By 1986, Dilettoso was working on film colorization for American Film Technologies, which provided the process to Ted Turner. Until that time, most colorizing attempts required that every frame be hand-tinted. Dilettoso figured out a way to colorize digitally.

AFT now downplays his contribution, but Joseph Mintz, who was president of AFT at the time, says, "Jim definitely developed the first stages, the basic early technology required to do what ended up being American Film's coloring system. Jim is extremely bright and charismatic, just bubbling with ideas. He went forward in his quest to figure this stuff out with all the enthusiasms of the early American inventors."

Dilettoso claims he received $75,000 for his efforts, the balance paid in worthless stock. However much it was worth, he probably would have blown the money, anyway.

@rule:
@body:Downtime at Dilettoso and Company. An erstwhile employee is out back fiddling with a small furnace he's rigged up to smelt an alloy of platinum and other semiprecious metals out of bags and bags of what looks like dirt. Depending on the day of the week, the story is that they're going to sell the platinum to finance other projects and/or use the smelting process to plate circuit boards.

Inside, computer graphics flash across a video screen--wild colors, animation, a mlange of images that Dilettoso and his programmers designed or that other artists created using Dilettoso's software.

Dilettoso is tooling at a keyboard of another sort, a synthesizer he's set up in the back studio of his building. Over and over he toys with a descending series of chords with an organlike tone, at once New Age and slightly sinister, as if he were the phantom of the laboratory. He and his girlfriend, Susan Gordon, and a third musician have formed a New Agey band they call UFaux, and they've just come off a gig in San Diego.

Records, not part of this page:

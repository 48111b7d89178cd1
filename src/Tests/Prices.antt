-- ===== src/Tests/Prices.antt =====
-- Stops, brackets and plans of a long at 5000.
use tera_trade.Risk.Sizing.{compute_confidence_tier_quantity, compute_position_size}
use tera_trade.Prelude.Int.{◌+ℤ◌, ◌-ℤ◌, pos}
use tera_trade.Prelude.{◌≡◌, ◌≢◌, refl, true, some, none, List, [], ◌∷◌, arith, ◌<◌}
use tera_trade.Number.{decimal}
use tera_trade.Number.Fixed.{Fixed, fixed_number, Fixed-IsOrdered, Fixed-IsExact}
use tera_trade.Market.{long, short}
use tera_trade.Tests.Data.{tiers, whole_points}
use tera_trade.Risk.Stops.{StopOptions, StopBasis, compute_initial_stop, optional_swing_plan}
use tera_trade.Risk.Stops.Initial.{
  IsBehind, compute_initial_stop_side, IsStopOf, IsAhead, atr_stop_distance_of,
}
use tera_trade.Risk.Brackets.{
  TickBand, bracket_is_valid_against_entry, reanchor_bracket_to_real_entry,
  has_reached_trailing_stop_activation,
}
use tera_trade.Risk.Brackets.Anchoring.{bracket_is_valid-reanchor}
use tera_trade.Risk.TradePlan.{TradePlanParams, compute_trade_plan}
use tera_trade.Risk.DailyPlan.{DailyPlanZone, hard, fade, blocked, evaluate_daily_plan_range}

abbrev options : StopOptions Fixed
options = record {
  atr_multiplier = none;
  take_profit_r_multiple = none;
  tick_size = some (pos 2500);
  chandelier_atr_multiplier = none;
  recent_bars = none;
}

compute_initial_stop_side_example :
    let plan =
      compute_initial_stop
        (whole_points 5000)
        long
        (whole_points 4)
        (some (whole_points 4997))
        options in
    IsStopOf
      (whole_points 5000)
      long
      (atr_stop_distance_of (whole_points 4) options)
      (some (whole_points 4997))
      plan.basis
      plan.stop_price
    × IsAhead long (whole_points 5000) plan.take_profit_price
compute_initial_stop_side_example =
    compute_initial_stop_side Fixed-IsOrdered Fixed-IsExact (whole_points 5000) long
      (whole_points 4) (some (whole_points 4997)) options refl refl

plan_basis :
    (compute_initial_stop
      (whole_points 5000)
      long
      (whole_points 4)
      (some (whole_points 4997))
      options).basis
    ≢ StopBasis.swing
unfolding compute_initial_stop optional_swing_plan
plan_basis = ground arith

no_swing : optional_swing_plan (whole_points 5000) long none (decimal 30 1) ≡ none
unfolding optional_swing_plan
no_swing = refl

not-IsBehind : ¬ IsBehind long (whole_points 5000) (whole_points 5003)
not-IsBehind = ground arith

bracket_is_valid-reanchor_example :
    let moved =
      reanchor_bracket_to_real_entry
        (whole_points 5000)
        (whole_points 5002)
        (whole_points 4996)
        (some (whole_points 5012)) in
    bracket_is_valid_against_entry
      (whole_points 5002)
      moved.new_stop_price
      moved.new_take_profit_price
      long
    ≡ bracket_is_valid_against_entry
        (whole_points 5000)
        (whole_points 4996)
        (some (whole_points 5012))
        long
bracket_is_valid-reanchor_example =
    bracket_is_valid-reanchor Fixed-IsExact (whole_points 5000) (whole_points 5002)
      (whole_points 4996) (some (whole_points 5012)) long

abbrev band : TickBand
band = record { min_ticks = 10; max_ticks = 40 }

armed :
    has_reached_trailing_stop_activation
      (whole_points 5000)
      (whole_points 4996)
      long
      (whole_points 5010)
      (whole_points 4999)
      none
    ≡ true
unfolding has_reached_trailing_stop_activation ◌-ℤ◌ ◌+ℤ◌
armed = refl

abbrev plan_params : TradePlanParams Fixed
plan_params = record {
  side = long;
  entry_price = whole_points 5000;
  atr_value = whole_points 4;
  structure_swing_price = none;
  tick_size = pos 2500;
  point_value = whole_points 5;
  risk_amount = whole_points 200;
  profit_dollars = some (whole_points 300);
  max_position_size = 5;
  average_probability = pos 7500;
  take_profit_r_multiple = whole_points 3;
  confidence_tiers = tiers;
  explicit_stop_price = none;
  explicit_take_profit_price = none;
  bars = none;
}

plan_size : (compute_trade_plan plan_params).quantity ≡ 2
unfolding compute_trade_plan compute_position_size compute_initial_stop
    compute_confidence_tier_quantity
plan_size = refl

plan_taken : 0 < (compute_trade_plan plan_params).quantity
plan_taken = omega (arith, plan_size)

abbrev zones : List (DailyPlanZone Fixed)
zones =
    record {
      price_low = whole_points 4998;
      price_high = whole_points 5001;
      enforcement = hard;
      label = "support";
    }
    ∷ record {
      price_low = whole_points 5050;
      price_high = whole_points 5055;
      enforcement = hard;
      label = "resistance";
    }
    ∷ []

fights_support :
    (evaluate_daily_plan_range (whole_points 5000) short (pos 2500) zones).mode ≡ blocked
unfolding evaluate_daily_plan_range
fights_support = refl

fades_support :
    (evaluate_daily_plan_range (whole_points 5000) long (pos 2500) zones).mode
    ≡ fade (pos 49_977_500) (whole_points 5050)
unfolding evaluate_daily_plan_range ◌-ℤ◌
fades_support = refl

He's thinking about an upcoming Billy Idol tour he's supposed to work on. Mostly, he's wasting time because he recently moved into the building from a studio down the street, and the telephone's not hooked up yet. Meanwhile, three big deals are threatening to erase themselves from the hard drive of his schedule. He's fiddling while circuit boards burn.

A producer from the TV show Unsolved Mysteries is trying to reach him for a long-in-the-works segment about the Swiss UFO case. Another producer is trying to telephone him about an interactive audio project involving Fleetwood Mac, and so are the Maryland investors lining up the cash to set up a computer graphics service bureau. The bureau essentially will make it possible for people with ordinary personal computers to send still and moving images to each other over telephone lines--rapidly--through Dilettoso's supercomputer, "To get from my medium to your medium, or from my head to your medium," as he puts it.

Maybe this is the project that will make a rich man out of Dilettoso. The Maryland investors think it will; they see it developing into a system to provide video on demand--movies sent to your TV and your TV only over the telephone lines. Dilettoso's not sure. "Why should I make it easier for a couch potato to watch TV without driving down to the video store?" he asks. He's walked away from projects before, most recently a video telephone that is allegedly better than AT&T's. He doesn't talk about it, but the investors have seen it and were blown away.

His technovision goes into fast forward, imagining a day in the near future when a news reporter at a remote location could record an event with a hand-held video camera, digitize it with a lap-top computer, modem it through a cellular phone and beam it to a satellite with a hand-held antenna to be picked up by his network. He has been negotiating with the inventor of just such an antenna, he notes.

He envisions the day when all music will be recorded directly into a computer, and rather than imprinting it on tape or CD, it will be sent directly from the computer to the radio station or to a speaker in your home.

He's got other plans, too, nothing sinister, but he won't say what because we wouldn't understand.